### THE DATA
______________________________

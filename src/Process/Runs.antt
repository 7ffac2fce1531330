-- ===== src/Process/Runs.antt =====
-- How an action runs, by the equations of its first part.
use wudoovm.Common.{ℕ, ◌≡◌, refl, ap, arith}
use wudoovm.Common.Outcome.{Outcome, ok, throw, unfinished}
use wudoovm.Process.State.{Process, Stack}
use wudoovm.Process.Action.{Action, Fault, then_run, put_stack, gets, modify, on_stack, ◌>>=◌, ◌>>◌}

module _ {V A B : Type 0} where
  pub bind_run_ok :
      (m : Action V A) (f : A → Action V B) (p q : Process V) (a : A)
      → m p ≡ (ok a, q)
      → (m >>= f) p ≡ f a q
  unfolding ◌>>=◌
  bind_run_ok m f p q a e = ap (λ r. then_run r f) e

  pub bind_ok :
      (m : Action V A) (f : A → Action V B) (p : Process V) (a : A)
      → (m p).0 ≡ ok a
      → (m >>= f) p ≡ f a (m p).1
  unfolding ◌>>=◌
  bind_ok m f p a e = then_ok (m p) e
    where
      then_ok : (r : Outcome (Fault V) A × Process V) → r.0 ≡ ok a → then_run r f ≡ f a r.1
      then_ok (ok b, q) h = ground arith
      then_ok (throw x, q) h = absurd (cc)
      then_ok (unfinished, q) h = absurd (cc)

  pub bind_gets :
      (g : Process V → A) (f : A → Action V B) (p : Process V) → (gets g >>= f) p ≡ f (g p) p
  unfolding ◌>>=◌ gets
  bind_gets g f p = refl

module _ {V B : Type 0} where
  pub bind_modify :
      (g : Process V → Process V) (m : Action V B) (p : Process V) → (modify g >> m) p ≡ m (g p)
  unfolding ◌>>=◌ modify
  bind_modify g m p = refl

  pub bind_on_stack :
      (s : ℕ) (g : Stack V → Stack V) (m : Action V B) (p : Process V)
      → (on_stack s g >> m) p ≡ m (put_stack s (g (p.stack_at s)) p)
  unfolding ◌>>=◌ on_stack modify
  bind_on_stack s g m p = refl
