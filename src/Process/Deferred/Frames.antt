-- ===== src/Process/Deferred/Frames.antt =====
-- The deferred calls of the frames that an exception leaves: the loops over frames in
-- src/process/stack.cpp, and the stack that runs after them.
use wudoovm.Common.{
  ℕ, ◌<◌, ◌≡◌, refl, sym, subst, ap, ◌∙◌, false, List, [], ◌∷◌, ◌++◌, ◌==◌, Bool-cases, inl, inr,
  arith, ==_iff,
}
use wudoovm.Common.Outcome.{ok}
use wudoovm.Process.Code.{Kernel}
use wudoovm.Process.State.{Process, Frame, update}
use wudoovm.Process.Action.{put_frame, pure, gets, modify, ◌>>=◌}
use wudoovm.Process.Frames.{mem, register_each, register_deferred_calls_from}
use wudoovm.Process.Unwinding.{register_frames, switch_to_top}
use wudoovm.Process.Ownership.{Below, Distinct}
use wudoovm.Process.Runs.{bind_ok}
use wudoovm.Process.Deferred.{
  Registers, HasEntries, waiting, frames_of, Registers-trans, Registers-refl,
  register_each-Registers,
}

-- The deferred calls of some frames, in order.
abbrev pub deferred_of : {V : Type 0} → (ℕ → Frame V) → List ℕ → List ℕ
deferred_of at [] = []
deferred_of at (f ∷ fs) = Frame.deferred_calls (at f) ++ deferred_of at fs

-- A frame whose deferred calls are cleared.
abbrev pub cleared : {V : Type 0} → (ℕ → Frame V) → ℕ → ℕ → Frame V
cleared at f = update at f (record (at f) { deferred_calls = [] })

abbrev pub cleared_all : {V : Type 0} → (ℕ → Frame V) → List ℕ → ℕ → Frame V
cleared_all at [] = at
cleared_all at (f ∷ fs) = cleared_all (cleared at f) fs

module _ {V : Type 0} where
  cleared_name :
      (at : ℕ → Frame V) (f g : ℕ)
      → Frame.function_name (cleared at f g) ≡ Frame.function_name (at g)
  cleared_name at f g = elim (Bool-cases (g == f)) [
    | inl e ↦ rw (e, sym ((==_iff g f).0 e)) refl
    | inr e ↦ rw e refl
  ]

  HasEntries-cleared :
      (k : Kernel) (at : ℕ → Frame V) (f : ℕ) (cs : List ℕ)
      → HasEntries k at cs
      → HasEntries k (cleared at f) cs
  HasEntries-cleared k at f [] h = tt
  HasEntries-cleared k at f (c ∷ cs) h =
      ((h.0.0, rw (cleared_name at f c) h.0.1), HasEntries-cleared k at f cs h.1)

  HasEntries-append :
      (k : Kernel) (at : ℕ → Frame V) (cs ds : List ℕ)
      → HasEntries k at (cs ++ ds)
      → HasEntries k at cs × HasEntries k at ds
  HasEntries-append k at [] ds h = (tt, h)
  HasEntries-append k at (c ∷ cs) ds h =
      let r = HasEntries-append k at cs ds h.1 in ((h.0, r.0), r.1)

  deferred_of-cleared :
      (at : ℕ → Frame V) (f : ℕ) (fs : List ℕ)
      → mem f fs ≡ false
      → deferred_of (cleared at f) fs ≡ deferred_of at fs
  deferred_of-cleared at f [] h = refl
  deferred_of-cleared at f (g ∷ fs) h =
      let other : (g == f) ≡ false = ground arith in
      let rest : mem f fs ≡ false = ground arith in
      rw (other, deferred_of-cleared at f fs rest) refl

  module _ (k : Kernel) (s : ℕ) where
    register_deferred_calls_from_run :
        (f : ℕ) (p : Process V)
        → (register_each k s (Frame.deferred_calls (p.frame_at f)) p).0 ≡ ok tt
        → register_deferred_calls_from k s f p ≡ (
          ok tt,
          (let q = (register_each k s (Frame.deferred_calls (p.frame_at f)) p).1 in
              put_frame f (record (q.frame_at f) { deferred_calls = [] }) q),
        )
    unfolding register_deferred_calls_from gets modify ◌>>=◌
    register_deferred_calls_from_run f p h =
        bind_ok (register_each k s (Frame.deferred_calls (p.frame_at f)))
          (λ _. modify (λ q. put_frame f (record (q.frame_at f) { deferred_calls = [] }) q)) p tt h

    pub register_deferred_calls_from-Registers :
        (f : ℕ) (p : Process V)
        → HasEntries k p.frame_at (Frame.deferred_calls (p.frame_at f))
        → Below p.next_stack p.stacks_order
        → s < p.next_stack
        → ((register_deferred_calls_from k s f p).0 ≡ ok tt)
          × Registers p
              (register_deferred_calls_from k s f p).1
              (Frame.deferred_calls (p.frame_at f))
          × ((register_deferred_calls_from k s f p).1.frame_at ≡ cleared p.frame_at f)
    register_deferred_calls_from-Registers f p es b lt =
        let cs = Frame.deferred_calls (p.frame_at f) in
        let h = register_each-Registers k s cs p es b lt in
        let q = (register_each k s cs p).1 in
        let g = h.1 in
        rw (register_deferred_calls_from_run f p h.0) (
          refl,
          record {
            waits = g.waits;
            allocated = g.allocated;
            grown = g.grown;
            kept = g.kept;
            current = g.current;
          },
          ap (λ at. cleared at f) h.2,
        )

    -- The frames' calls wait in the reverse of the order in which they are registered, before
    -- the stacks that waited already, and the frames have no deferred calls any more.
    pub register_frames-Registers :
        (fs : List ℕ) (p : Process V)
        → HasEntries k p.frame_at (deferred_of p.frame_at fs)
        → Distinct fs
        → Below p.next_stack p.stacks_order
        → s < p.next_stack
        → ((register_frames k s fs p).0 ≡ ok tt)
          × Registers p (register_frames k s fs p).1 (deferred_of p.frame_at fs)
          × ((register_frames k s fs p).1.frame_at ≡ cleared_all p.frame_at fs)
    unfolding register_frames pure
    register_frames-Registers [] p es d b lt = (refl, Registers-refl p b, refl)
    register_frames-Registers (f ∷ fs) p es d b lt =
        let cs = Frame.deferred_calls (p.frame_at f) in
        let parts = HasEntries-append k p.frame_at cs _ es in
        let h = register_deferred_calls_from-Registers f p parts.0 b lt in
        let q = (register_deferred_calls_from k s f p).1 in
        let g = h.1 in
        let same = deferred_of-cleared p.frame_at f fs d.0 in
        let ih =
          register_frames-Registers fs q
            (subst (λ at. HasEntries k at (deferred_of at fs)) (sym h.2)
              (rw same (HasEntries-cleared k p.frame_at f _ parts.1)))
            d.1 g.allocated (omega (arith, g.grown)) in
        rw (bind_ok (register_deferred_calls_from k s f) (λ _. register_frames k s fs) p tt h.0) (
          ih.0,
          Registers-trans p q _ cs _ g (
              subst (λ ds. Registers q (register_frames k s fs q).1 ds)
                (ap (λ at. deferred_of at fs) h.2 ∙ same) ih.1),
          ih.2 ∙ ap (λ at. cleared_all at fs) h.2,
        )

-- The frames of the stack that runs, and of those that wait.
abbrev pub schedule : {V : Type 0} → Process V → List (List ℕ)
schedule p = frames_of p.stack_at (p.stack ∷ p.stacks_order)

module _ {V : Type 0} where
  -- The top of an order that is not empty runs next.
  pub schedule-switch :
      (p : Process V) (x : List ℕ) (xs ys : List (List ℕ))
      → waiting p ≡ ys ++ (x ∷ xs)
      → schedule (switch_to_top p.stacks_order p) ≡ ys ++ (x ∷ xs)
  schedule-switch p x xs ys h = switch_from p.stacks_order refl
    where
      not_empty : (zs : List (List ℕ)) → [] ≡ zs ++ (x ∷ xs) → ⊥
      not_empty [] e = cc
      not_empty (z ∷ zs) e = cc

      switch_from :
          (order : List ℕ)
          → p.stacks_order ≡ order
          → schedule (switch_to_top order p) ≡ ys ++ (x ∷ xs)
      switch_from [] e = absurd (not_empty ys (ap (frames_of p.stack_at) (sym e) ∙ h))
      switch_from (s ∷ order) e = ap (frames_of p.stack_at) (sym e) ∙ h
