-- ===== src/Process/Deferred/Distance.antt =====
-- Which frames `unwind_call_stack_to` of src/process/stack.cpp leaves.
use wudoovm.Common.{
  ℕ, suc, ◌≡◌, refl, ap, true, false, ◌⊎◌, inl, inr, Option, none, some, List, [], ◌∷◌, ◌++◌,
  length, arith,
}
use wudoovm.Process.Frames.{mem_new}
use wudoovm.Process.Unwinding.{is_frame, frames_above, distance_to}

-- Unwinding to a frame stops at `b`, which is that frame or the bottom of the stack.
abbrev pub StopsAt : Option ℕ → ℕ → List ℕ → Type 0
StopsAt frame b below = (frame ≡ some b) ⊎ (below ≡ [])

not_there :
    (frame : Option ℕ) (a : ℕ) (above : List ℕ)
    → mem_new frame (a ∷ above) ≡ false
    → (is_frame frame a ≡ false) × (mem_new frame above ≡ false)
not_there none a above h = (refl, refl)
not_there (some f) a above h = (ground arith, ground arith)

same_frame : (frame : Option ℕ) (b : ℕ) → frame ≡ some b → is_frame frame b ≡ true
same_frame none b e = absurd (cc)
same_frame (some f) b e = ground arith

stops :
    (frame : Option ℕ) (b : ℕ) (below : List ℕ)
    → StopsAt frame b below
    → frames_above frame b below ≡ 0
unfolding frames_above
stops frame b [] h = refl
stops frame b (c ∷ below) (inl e) = rw (same_frame frame b e) refl
stops frame b (c ∷ below) (inr e) = absurd (cc)

passes :
    (frame : Option ℕ) (a : ℕ) (above : List ℕ) (b : ℕ) (below : List ℕ)
    → mem_new frame (a ∷ above) ≡ false
    → StopsAt frame b below
    → frames_above frame a (above ++ (b ∷ below)) ≡ suc (length above)
unfolding frames_above
passes frame a [] b below h e = rw ((not_there frame a [] h).0) (ap suc (stops frame b below e))
passes frame a (c ∷ above) b below h e =
    let (here, rest) = not_there frame a (c ∷ above) h in
    rw here (ap suc (passes frame c above b below rest e))

-- The frames above the one that unwinding stops at are those that are counted.
pub distance_to-append :
    (frame : Option ℕ) (above : List ℕ) (b : ℕ) (below : List ℕ)
    → mem_new frame above ≡ false
    → StopsAt frame b below
    → distance_to frame (above ++ (b ∷ below)) ≡ some (length above)
unfolding distance_to
distance_to-append frame [] b below h e = ap some (stops frame b below e)
distance_to-append frame (a ∷ above) b below h e = ap some (passes frame a above b below h e)
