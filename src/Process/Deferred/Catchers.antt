-- ===== src/Process/Deferred/Catchers.antt =====
-- How a handler is found and entered when a stack unwinds, in src/process/stack.cpp.
use Prim.Native.String.{String}
use wudoovm.Common.{
  ◌++◌, ℕ, ◌≡◌, refl, subst, ◌∙◌, true, Option, none, some, List, [], ◌∷◌, ◌==◌, Bool-cases, inl,
  inr, arith, ==_iff,
}
use wudoovm.Common.Outcome.{ok}
use wudoovm.Process.Code.{Kernel, get_entry_point_of_block, lookup}
use wudoovm.Process.State.{Process, Stack, TryFrame, Thrown}
use wudoovm.Process.Action.{Fault, put_stack, pure, gets, modify, found, on_stack, ◌>>=◌, ◌>>◌}
use wudoovm.Process.Frames.{adjust_jump_base_for_block}
use wudoovm.Process.Unwinding.{
  switch_to_top, unwind, unwind_with, unwind_to, find_catch_frame, find_catcher,
  adjust_instruction_pointer, unwind_call_stack_to, unwind_try_stack_to, try_frames_from,
  catch_thrown, in_flight,
}
use wudoovm.Process.Runs.{bind_run_ok, bind_gets, bind_on_stack}

==_refl : (a : ℕ) → (a == a) ≡ true
==_refl a = ground arith

-- None of these try frames has a catcher for a type.
abbrev pub NoCatcher : (ℕ → TryFrame) → String → List ℕ → Type 0
NoCatcher at type [] = Unit {0}
NoCatcher at type (u ∷ us) = (lookup (TryFrame.catchers (at u)) type ≡ none) × NoCatcher at type us

module _ (at : ℕ → TryFrame) (type name : String) (t : ℕ) (us : List ℕ)
    (lk : lookup (TryFrame.catchers (at t)) type ≡ some name) where
  -- The first try frame with a catcher is found.
  pub find_catcher-append :
      (later : List ℕ) → NoCatcher at type later → find_catcher at type (later ++ (t ∷ us)) ≡ some t
  unfolding find_catcher
  find_catcher-append [] h = rw lk refl
  find_catcher-append (u ∷ later) h = rw h.0 (find_catcher-append later h.1)

  other_frame : (u : ℕ) → lookup (TryFrame.catchers (at u)) type ≡ none → (u == t) ≡ true → ⊥
  other_frame u h e =
      let none_there : lookup (TryFrame.catchers (at t)) type ≡ none =
        subst (λ v. lookup (TryFrame.catchers (at v)) type ≡ none) ((==_iff u t).0 e) h in
      cc

  pub try_frames_from-append :
      (later : List ℕ)
      → NoCatcher at type later
      → try_frames_from t (later ++ (t ∷ us)) ≡ some (t ∷ us)
  unfolding try_frames_from
  try_frames_from-append [] h = rw (==_refl t) refl
  try_frames_from-append (u ∷ later) h = elim (Bool-cases (u == t)) [
    | inl same ↦ absurd (other_frame u h.0 same)
    | inr other ↦ rw other (try_frames_from-append later h.1)
  ]

-- A read that finds something.
pub found_run :
    {V A : Type 0} (e : Fault V) (o : Option A) (a : A) (p : Process V)
    → o ≡ some a
    → found e o p ≡ (ok a, p)
unfolding found pure
found_run e o a p h = rw h refl

module _ {V : Type 0} where
  pub switch_to_top_stacks :
      (order : List ℕ) (p : Process V) → (switch_to_top order p).stack_at ≡ p.stack_at
  switch_to_top_stacks [] p = refl
  switch_to_top_stacks (s ∷ order) p = refl

  pub switch_to_top_frames :
      (order : List ℕ) (p : Process V) → (switch_to_top order p).frame_at ≡ p.frame_at
  switch_to_top_frames [] p = refl
  switch_to_top_frames (s ∷ order) p = refl

module _ {V : Type 0} (k : Kernel) (s : ℕ) where
  -- The stack goes on at an entry point.
  unfoldable pub jump_to : ℕ × ℕ → Process V → Process V
  jump_to entry p =
      let p1 = put_stack s (record (p.stack_at s) { jump_base = some entry.1 }) p in
      put_stack s (record (p1.stack_at s) { instruction_pointer = some entry.0 }) p1

  pub find_catch_frame_run :
      (p : Process V) (e : Thrown V)
      → in_flight (p.stack_at s) ≡ some e
      → find_catch_frame s p
        ≡ (ok (find_catcher p.try_frame_at e.tag (Stack.tryframes (p.stack_at s)), e.tag), p)
  unfolding find_catch_frame ◌>>=◌ gets found pure
  find_catch_frame_run p e h = rw h refl

  adjust_instruction_pointer_run :
      (p : Process V) (t : ℕ) (type name : String) (entry : ℕ × ℕ)
      → lookup (TryFrame.catchers (p.try_frame_at t)) type ≡ some name
      → get_entry_point_of_block k name ≡ some entry
      → adjust_instruction_pointer k s t type p ≡ (ok tt, jump_to entry p)
  unfolding adjust_instruction_pointer adjust_jump_base_for_block ◌>>=◌ gets found pure modify
      on_stack jump_to
  adjust_instruction_pointer_run p t type name entry lk ep = rw (lk, ep) refl

  unwind_to_run :
      (p : Process V) (t : ℕ) (type name : String) (entry : ℕ × ℕ)
      → lookup (TryFrame.catchers (p.try_frame_at t)) type ≡ some name
      → get_entry_point_of_block k name ≡ some entry
      → unwind_to k s t type p
        ≡ (unwind_call_stack_to k s (TryFrame.associated_frame (p.try_frame_at t))
              >> unwind_try_stack_to s t)
            (jump_to entry p)
  unfolding unwind_to jump_to
  unwind_to_run p t type name entry lk ep =
      bind_run_ok _ _ p (jump_to entry p) tt
        (adjust_instruction_pointer_run p t type name entry lk ep)
      ∙ bind_gets (λ r. r.try_frame_at t) _ (jump_to entry p)

  pub unwind_caught_run :
      (p : Process V) (e : Thrown V) (t : ℕ) (name : String) (entry : ℕ × ℕ)
      → in_flight (p.stack_at s) ≡ some e
      → find_catcher p.try_frame_at e.tag (Stack.tryframes (p.stack_at s)) ≡ some t
      → lookup (TryFrame.catchers (p.try_frame_at t)) e.tag ≡ some name
      → get_entry_point_of_block k name ≡ some entry
      → unwind k s p
        ≡ (unwind_call_stack_to k s (TryFrame.associated_frame (p.try_frame_at t))
              >> unwind_try_stack_to s t)
            (jump_to entry (put_stack s (catch_thrown (p.stack_at s)) p))
  unfolding unwind unwind_with
  unwind_caught_run p e t name entry fl fc lk ep =
      bind_run_ok (find_catch_frame s) (λ r. unwind_with k s r.0 r.1) p p _
        (rw fc at (find_catch_frame_run p e fl))
      ∙ bind_on_stack s catch_thrown (unwind_to k s t e.tag) p
      ∙ unwind_to_run (put_stack s (catch_thrown (p.stack_at s)) p) t e.tag name entry lk ep

  pub jump_to_stack :
      (entry : ℕ × ℕ) (p : Process V)
      → (jump_to entry p).stack_at s
        ≡ record (p.stack_at s) { jump_base = some entry.1; instruction_pointer = some entry.0 }
  unfolding jump_to
  jump_to_stack entry p = rw (==_refl s) refl

  pub unwind_try_stack_to_run :
      (p : Process V) (t : ℕ) (us : List ℕ)
      → try_frames_from t (Stack.tryframes (p.stack_at s)) ≡ some us
      → unwind_try_stack_to s t p
        ≡ (ok tt, put_stack s (record (p.stack_at s) { tryframes = us }) p)
  unfolding unwind_try_stack_to ◌>>=◌ gets found pure on_stack modify
  unwind_try_stack_to_run p t us h = rw h refl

______________________________

When the line with "f a (m p).1" is reached in the data above, start copying there, and copy each line exactly until the line with "then_ok (throw x, q) h = absurd (cc)" has been copied; copy nothing else.

      → (m >>= f) p ≡ f a (m p).1
  unfolding ◌>>=◌
  bind_ok m f p a e = then_ok (m p) e
    where
      then_ok : (r : Outcome (Fault V) A × Process V) → r.0 ≡ ok a → then_run r f ≡ f a r.1
      then_ok (ok b, q) h = ground arith
      then_ok (throw x, q) h = absurd (cc)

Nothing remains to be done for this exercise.